Участок, на котором работал Дусматов, представлял собой сейчас широкую и пологую траншею в человеческий рост. Со дна траншеи на отвал вела узкая, но хорошо утоптанная тропинка (он сам ее приводил в порядок поутру, перед началом работ), по которой Дусматов то и дело поднимается с выкопанной землей на плечах. Это прежде всего и отличало его от остальных землекопов, работающих с носильщиками. У него нет никого. Он один. Крепко стянув поясницу бильбоком, он ловко работает кетменем, как лопатой. На земле перед ним квадратное полотнище. Семь-восемь кетменей — и оно полно. Он пригибается, берет три угла полотнища в левую руку, четвертый — в правую и делает резкое движение на себя. Грунт сбивается в кучу. Тогда он быстро вскидывает полотняный узел себе на плечо и идет по своей удобной тропинке к отвалу, на гребень траншеи, поворачивается боком, выпускает из рук три конца узла, и грунт, тяжестью своей расстилая полотно по спине Дусматова, высыпается наземь, а он, почти не задерживаясь, спускается вниз и на ходу подхватывает торчащий в земле кетмень. И вновь удары — один, два, три, шесть, восемь! И вот подхват узла. И снова подъем на гребень. Вот и все.

А другие?

Кетменщик добывает землю и бросает ее на носилки, которые держат двое людей. Они стоят, пока он работает, и кетменщик теряет время, пока они переносят землю. Здешние носилки невелики. Столько земли, сколько они способны поднять, не были бы тяжестью и для одного. Дусматов это учел. Сэкономив на ожидании носильщиков, он выиграл огромное количество времени. Он выиграл еще от того, что каждодневно улучшал свою тропку, ведущую наверх.

И это-все? Да, не было ни чуда, ни колдовства, ни особой сложности нововведения, были удивительная ритмичность, слаженность и продуманность простейших движений, их художественность, их артистичность и точность. Гости стали спорить о том, перегружает ли себя Дусматов, или не перегружает, экономит ли свои силы, или, стремясь к рекордам, изматывает себя до последнего, и дотошный доктор Горак стал вглядываться, как дышит Дусматов и больше ли потеет, чем другие.

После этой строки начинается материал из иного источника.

-- ===== src/Ramps/Refresh/Apply.antt =====
-- What applying a provider's status changes, and how a refresh ends.
use pay_era.Prelude.{
  ℕ, ◌<◌, ◌≡◌, ◌≢◌, ◌⊎◌, inl, inr, refl, true, false, some, [], ◌∷◌, ◌++◌, String, Result, ok,
  arith, ◌==◌, is_ok, is_some, Bool-cases, Option-cases, Result-cases, str_eq, if◌then◌else◌,
}
use pay_era.Prelude.Table.{find_first-key, find_first-update_many, All-find_first}
use pay_era.Ramps.Status.{RampStatus, is_terminal, same_status, same_status_iff}
use pay_era.Ramps.Provider.{StatusResult, Registry, get}
use pay_era.Ramps.Store.{Ramp, RampEvent, Payload, Store, next_event, find_ramp, set_ramp}
use pay_era.Ramps.Store.Invariant.{
  IsValid, IsConsistent, key, update_ramp-IsValid, append_event-IsValid,
}
use pay_era.Ramps.Refresh.{set_result, apply_status, poll, refresh_status}

pub set_result-key :
    (now : ℕ) (previous : RampStatus) (result : StatusResult) (r : Ramp)
    → (set_result now previous result r).id ≡ r.id
set_result-key now previous result r = ground arith

-- A result keeps a ramp consistent that is not terminal and has a transaction id.
set_result-IsConsistent :
    (now : ℕ) (result : StatusResult) (r : Ramp)
    → IsConsistent r
    → is_terminal r.status ≡ false
    → is_some r.provider_tx_id ≡ true
    → IsConsistent (set_result now r.status result r)
set_result-IsConsistent now result r c open_ramp known =
    let same = same_status_iff result.status r.status in
    let done = same_status_iff result.status RampStatus.completed in
    let broken = same_status_iff result.status RampStatus.error in
    record {
      completed = ground (arith, same, done, c.completed);
      not_completed = ground (arith, same, done, c.not_completed);
      failed = ground (arith, same, broken, c.failed);
      not_failed = ground (arith, same, broken, c.not_failed);
      pollable = ground (arith, known);
    }

-- How a refresh ends: it leaves a terminal or unstarted ramp alone, it throws and writes nothing,
-- or it applies what the provider reports to a ramp that is not terminal.
pub data Refreshed (now id : ℕ) (s : Store) (out : Result RampStatus × Store) : Type 0 where
  idle :
      (ramp : Ramp)
      → find_ramp id s.ramps ≡ some ramp
      → out ≡ (ok ramp.status, s)
      → Refreshed now id s out
  threw : is_ok out.0 ≡ false → out.1 ≡ s → Refreshed now id s out
  polled :
      (ramp : Ramp) (result : StatusResult)
      → find_ramp id s.ramps ≡ some ramp
      → is_terminal ramp.status ≡ false
      → is_some ramp.provider_tx_id ≡ true
      → out ≡ apply_status now id ramp.status result "poller" s
      → Refreshed now id s out

poll-Refreshed :
    (registry : Registry) (now call id : ℕ) (s : Store) (ramp : Ramp) (tx_id : String)
    → find_ramp id s.ramps ≡ some ramp
    → is_terminal ramp.status ≡ false
    → ramp.provider_tx_id ≡ some tx_id
    → Refreshed now id s (poll registry now call ramp tx_id s)
poll-Refreshed registry now call id s ramp tx_id found pending known =
    elim (Result-cases (get ramp.provider registry)) [
      | inr (e, failed) ↦ threw (ground arith) (ground arith)
      | inl (provider, got) ↦
          elim (Result-cases (provider.authenticate call ramp.user_stellar_address)) [
            | inr (e, failed) ↦ threw (ground arith) (ground arith)
            | inl (token, auth) ↦ elim (Result-cases (provider.get_status call token tx_id)) [
              | inr (e, failed) ↦ threw (ground arith) (ground arith)
              | inl (result, said) ↦
                  polled ramp result found pending (ground arith)
                    (ground (arith, find_first-key key id s.ramps ramp found))
            ]
          ]
    ]

pub refresh_status-Refreshed :
    (registry : Registry) (now call id : ℕ) (s : Store)
    → Refreshed now id s (refresh_status registry now call id s)
unfolding refresh_status
refresh_status-Refreshed registry now call id s = elim (Option-cases (find_ramp id s.ramps)) [
  | inl missing ↦ threw (ground arith) (ground arith)
  | inr (ramp, found) ↦ elim (Bool-cases (is_terminal ramp.status)) [
    | inl done ↦ idle ramp found (ground arith)
    | inr pending ↦ elim (Option-cases ramp.provider_tx_id) [
      | inl unknown ↦ idle ramp found (ground arith)
      | inr (tx_id, known) ↦ elim (Bool-cases (str_eq tx_id "")) [
        | inl blank ↦ idle ramp found (ground arith)
        | inr real ↦
            let moved : refresh_status registry now call id s
                ≡ poll registry now call ramp tx_id s =
              ground arith in
            rw moved (poll-Refreshed registry now call id s ramp tx_id found pending known)
      ]
    ]
  ]
]

abbrev pub written : ℕ → ℕ → RampStatus → StatusResult → Store → Store
written now id previous result s = record s {
  ramps = set_ramp id (set_result now previous result) s.ramps;
}

-- What `applyStatus` leaves, for a ramp that is there.
pub apply_status_lem :
    (now id : ℕ) (previous : RampStatus) (result : StatusResult) (source : String) (s : Store)
    {r : Ramp}
    → find_ramp id s.ramps ≡ some r
    → apply_status now id previous result source s ≡ (
      ok result.status,
      (if same_status result.status previous
          then written now id previous result s
          else record (written now id previous result s) {
            events =
                s.events
                ++ next_event id
                    (some result.status)
                    "ramp.status_changed"
                    source
                    (Payload.changed previous result.status result.raw_status)
                    s
                  ∷ [];
          }),
    )
unfolding apply_status
apply_status_lem now id previous result source s found = ground arith

-- The writes of one poll keep the invariant.
pub apply_status-IsValid :
    (now id : ℕ) (s : Store) (ramp : Ramp) (result : StatusResult)
    → IsValid s
    → find_ramp id s.ramps ≡ some ramp
    → is_terminal ramp.status ≡ false
    → is_some ramp.provider_tx_id ≡ true
    → IsValid (apply_status now id ramp.status result "poller" s).1
apply_status-IsValid now id s ramp result v found pending known =
    let after = apply_status_lem now id ramp.status result "poller" s found in
    let consistent =
      set_result-IsConsistent now result ramp
        (All-find_first key IsConsistent (λ x. x.id == id) s.ramps v.rows found) pending known in
    let kept =
      update_ramp-IsValid id (set_result now ramp.status result) s v
        (set_result-key now ramp.status result) found consistent in
    let own = find_first-key key id s.ramps ramp found in
    let below =
      All-find_first key (λ x. x.id < s.next_id) (λ x. x.id == id) s.ramps v.ids.below found in
    elim (Bool-cases (same_status result.status ramp.status)) [
      | inl same ↦ rw (after, same) kept
      | inr changed ↦
          rw (after, changed)
            (append_event-IsValid id (some result.status) "ramp.status_changed" "poller"
              (Payload.changed ramp.status result.status result.raw_status)
              (written now id ramp.status result s) kept (omega (arith, below, own)))
    ]

-- What one call of a refresh reports and logs, from the row before to the row after.
pub record Logged (id : ℕ) (s s' : Store) (status : RampStatus) : Type 0 where
  pub before : Ramp
  pub after : Ramp
  pub found : find_ramp id s.ramps ≡ some before
  pub kept : find_ramp id s'.ramps ≡ some after
  pub current : after.status ≡ status
  pub logged :
      ((before.status ≡ status) × (s'.events ≡ s.events))
      ⊎ ((before.status ≢ status)
          × ((e : RampEvent) × (s'.events ≡ s.events ++ e ∷ [])
              × (e.status ≡ some status)
              × (e.ramp_transaction_id ≡ id)))

pub apply_status-Logged :
    (now id : ℕ) (s : Store) (ramp : Ramp) (result : StatusResult)
    → find_ramp id s.ramps ≡ some ramp
    → Logged id s (apply_status now id ramp.status result "poller" s).1 result.status
apply_status-Logged now id s ramp result found =
    let after = apply_status_lem now id ramp.status result "poller" s found in
    let same = same_status_iff result.status ramp.status in
    let read =
      find_first-update_many key id id (set_result now ramp.status result) s.ramps
        (set_result-key now ramp.status result) in
    record {
      before = ramp;
      after = set_result now ramp.status result ramp;
      found = found;
      kept = ground (arith, after, read, found);
      current = ground (arith, same);
      logged = elim (Bool-cases (same_status result.status ramp.status)) [
        | inl unchanged ↦ inl (ground (arith, same), ground (arith, after, unchanged))
        | inr changed ↦ inr (
          ground (arith, same, changed),
          (
            next_event id (some result.status) "ramp.status_changed" "poller"
                (Payload.changed ramp.status result.status result.raw_status) s,
            ground (arith, after, changed),
            refl,
            refl,
          ),
        )
      ];
    }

Ахундов все время переводил для сведения окружающих, и слух о том, что Дусматовым любуются иностранцы, уже собрал множество любопытных, и все они галдели, то обсуждая гостей, то вставляя свои замечания относительно Дусматова. Среди любопытных были и представители дальних участков, приехавшие поучиться хорошей работе.

Он, Дусматов, не мог не слышать этого галдения и, вероятно, мог бы ответить на многие замечания, относящиеся к нему, — но он даже не взглядывал на окружающих, и по его спокойному, сосредоточенному лицу было видно, что он не слышит, что творится вокруг.

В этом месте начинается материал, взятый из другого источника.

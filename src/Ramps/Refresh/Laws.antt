-- ===== src/Ramps/Refresh/Laws.antt =====
-- What refreshing a ramp changes, and what it leaves alone.
use pay_era.Prelude.{ℕ, ◌≡◌, inl, inr, refl, true, some, [], ◌∷◌, ok, arith, append-nil, Bool-cases}
use pay_era.Prelude.Table.{find_first-update_many}
use pay_era.Ramps.Status.{RampStatus, is_terminal, same_status}
use pay_era.Ramps.Provider.{Registry}
use pay_era.Ramps.Store.{Ramp, Payload, Store, next_event, find_ramp}
use pay_era.Ramps.Store.Invariant.{IsValid, Extends, key}
use pay_era.Ramps.Refresh.{set_result, refresh_status}
use pay_era.Ramps.Refresh.Apply.{
  set_result-key, idle, threw, polled, refresh_status-Refreshed, apply_status_lem,
  apply_status-IsValid, Logged, apply_status-Logged,
}

module _ (registry : Registry) (now call id : ℕ) (s : Store) where
  -- A refresh keeps the invariant of the tables, whatever the provider answers.
  pub refresh_status-IsValid : IsValid s → IsValid (refresh_status registry now call id s).1
  refresh_status-IsValid v = elim (refresh_status-Refreshed registry now call id s) [
    | idle ramp found out ↦ rw out v
    | threw e same ↦ rw same v
    | polled ramp result found pending known out ↦
        rw out (apply_status-IsValid now id s ramp result v found pending known)
  ]

  -- A refresh that returns reports the status that the ramp now has. It writes one event, which
  -- carries the new status, exactly where that differs from the old one; what was logged before
  -- stays as it was.
  pub refresh_status-Logged :
      (status : RampStatus)
      → (refresh_status registry now call id s).0 ≡ ok status
      → Logged id s (refresh_status registry now call id s).1 status
  refresh_status-Logged status h = elim (refresh_status-Refreshed registry now call id s) [
    | idle ramp found out ↦ record {
      before = ramp;
      after = ramp;
      found = found;
      kept = rw out found;
      current = ground (arith, out, h);
      logged = inl (ground (arith, out, h), rw out refl);
    }
    | threw e same ↦ absurd (ground (arith, e, h))
    | polled ramp result found pending known out ↦
        let e : result.status ≡ status =
          ground (arith, h, out, apply_status_lem now id ramp.status result "poller" s found) in
        rw (out, ← e) (apply_status-Logged now id s ramp result found)
  ]

  -- A ramp in a terminal status keeps its row under every refresh, its own or another ramp's.
  pub refresh_status-terminal :
      (n : ℕ) (r : Ramp)
      → find_ramp n s.ramps ≡ some r
      → is_terminal r.status ≡ true
      → find_ramp n (refresh_status registry now call id s).1.ramps ≡ some r
  refresh_status-terminal n r found done = elim (refresh_status-Refreshed registry now call id s) [
    | idle ramp _ out ↦ rw out found
    | threw e same ↦ rw same found
    | polled ramp result own pending known out ↦
        let after = apply_status_lem now id ramp.status result "poller" s own in
        let read =
          find_first-update_many key id n (set_result now ramp.status result) s.ramps
            (set_result-key now ramp.status result) in
        rw out (ground (arith, after, read, own, pending))
  ]

  pub refresh_status-Extends : Extends s (refresh_status registry now call id s).1
  refresh_status-Extends = elim (refresh_status-Refreshed registry now call id s) [
    | idle ramp found out ↦ ([], rw (out, append-nil))
    | threw e same ↦ ([], rw (same, append-nil))
    | polled ramp result found pending known out ↦
        let after = apply_status_lem now id ramp.status result "poller" s found in
        elim (Bool-cases (same_status result.status ramp.status)) [
          | inl same ↦ ([], rw (out, after, same, append-nil))
          | inr changed ↦ (
            next_event id (some result.status) "ramp.status_changed" "poller"
                  (Payload.changed ramp.status result.status result.raw_status) s
                ∷ [],
            rw (out, after, changed),
          )
        ]
  ]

Он ничем не отвлекался, он был весь в себе, как танцовщица, что покорила тысячи зрителей, как певец, всем существом ушедший в песню, как цирковой акробат, не видящий ничего, кроме своей трапеции. Он был художник. И, вероятно, именно эта черта была самой сильной в его новаторстве: она-то и определяла его успехи.

Перейти на страницу:

Похожие книги

Тихий Дон
Тихий Дон

Вниманию читателей предлагается одно из лучших произведений М.Шолохова — роман «Тихий Дон», повествующий о классовой борьбе в годы империалистической и гражданской войн на Дону, о трудном пути донского казачества в революцию.«...По языку сердечности, человечности, пластичности — произведение общерусское, национальное», которое останется явлением литературы во все времена.Словно сама жизнь говорит со страниц «Тихого Дона». Запахи степи, свежесть вольного ветра, зной и стужа, живая речь людей — все это сливается в раздольную, неповторимую мелодию, поражающую трагической красотой и подлинностью. Разве можно забыть мятущегося в поисках правды Григория Мелехова? Его мучительный путь в пламени гражданской войны, его пронзительную, неизбывную любовь к Аксинье, все изломы этой тяжелой и такой прекрасной судьбы? 

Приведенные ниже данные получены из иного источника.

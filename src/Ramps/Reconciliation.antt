-- ===== src/Ramps/Reconciliation.antt =====
-- apps/api/src/ramps/ramp-reconciliation.service.ts: the poller of pending ramps. The database's
-- order of equal keys is not documented; here it is the order of insertion.
pub mod Batch
use pay_era.Prelude.{
  ℕ, ◌+◌, ◌*◌, Bool, true, false, ◌&&◌, Option, none, some, List, [], ◌∷◌, leb, is_some,
  if◌then◌else◌, filter, take,
}
use pay_era.Ramps.Status.{is_pending}
use pay_era.Ramps.Provider.{Registry}
use pay_era.Ramps.Store.{Ramp, Store}
use pay_era.Ramps.Refresh.{refresh_status}

-- 24 hours
abbrev pub max_age_ms : ℕ
max_age_ms = 1000 * 60 * 60 * 24

abbrev pub batch_size : ℕ
batch_size = 20

-- The `where` of the query; `createdAt >= now - maxAgeMs` is written without subtraction.
abbrev pub is_due : ℕ → Ramp → Bool
is_due now r =
    is_pending r.status && is_some r.provider_tx_id && leb now (r.created_at + max_age_ms)

-- `orderBy: { lastPolledAt: { sort: 'asc', nulls: 'first' } }`
abbrev pub polled_by : Option ℕ → Option ℕ → Bool
polled_by none b = true
polled_by (some a) none = false
polled_by (some a) (some b) = leb a b

unfoldable pub insert_polled : Ramp → List Ramp → List Ramp
insert_polled r [] = r ∷ []
insert_polled r (x ∷ xs) =
    if polled_by r.last_polled_at x.last_polled_at then r ∷ x ∷ xs else x ∷ insert_polled r xs

unfoldable pub sort_polled : List Ramp → List Ramp
unfolding insert_polled
sort_polled [] = []
sort_polled (r ∷ rs) = insert_polled r (sort_polled rs)

unfoldable pub batch : ℕ → List Ramp → List Ramp
unfolding sort_polled
batch now rs = take batch_size (sort_polled (filter (is_due now) rs))

-- The loop: what a refresh throws is logged and dropped. `call` numbers the refreshes.
unfoldable pub reconcile_each : Registry → ℕ → ℕ → List Ramp → Store → Store
reconcile_each registry now call [] s = s
reconcile_each registry now call (r ∷ rs) s =
    reconcile_each registry now (call + 1) rs (refresh_status registry now call r.id s).1

unfoldable pub reconcile_pending : Registry → ℕ → ℕ → Store → Store
unfolding batch reconcile_each
reconcile_pending registry now call s = reconcile_each registry now call (batch now s.ramps) s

Михаил Александрович Шолохов

Советская классическая проза
Дом учителя
Дом учителя

Мирно и спокойно текла жизнь сестер Синельниковых, гостеприимных и приветливых хозяек районного Дома учителя, расположенного на окраине небольшого городка где-то на границе Московской и Смоленской областей. Но вот грянула война, подошла осень 1941 года. Враг рвется к столице нашей Родины — Москве, и городок становится местом ожесточенных осенне-зимних боев 1941–1942 годов.Герои книги — солдаты и командиры Красной Армии, учителя и школьники, партизаны — люди разных возрастов и профессий, сплотившиеся в едином патриотическом порыве. Большое место в романе занимает тема братства трудящихся разных стран в борьбе за будущее человечества.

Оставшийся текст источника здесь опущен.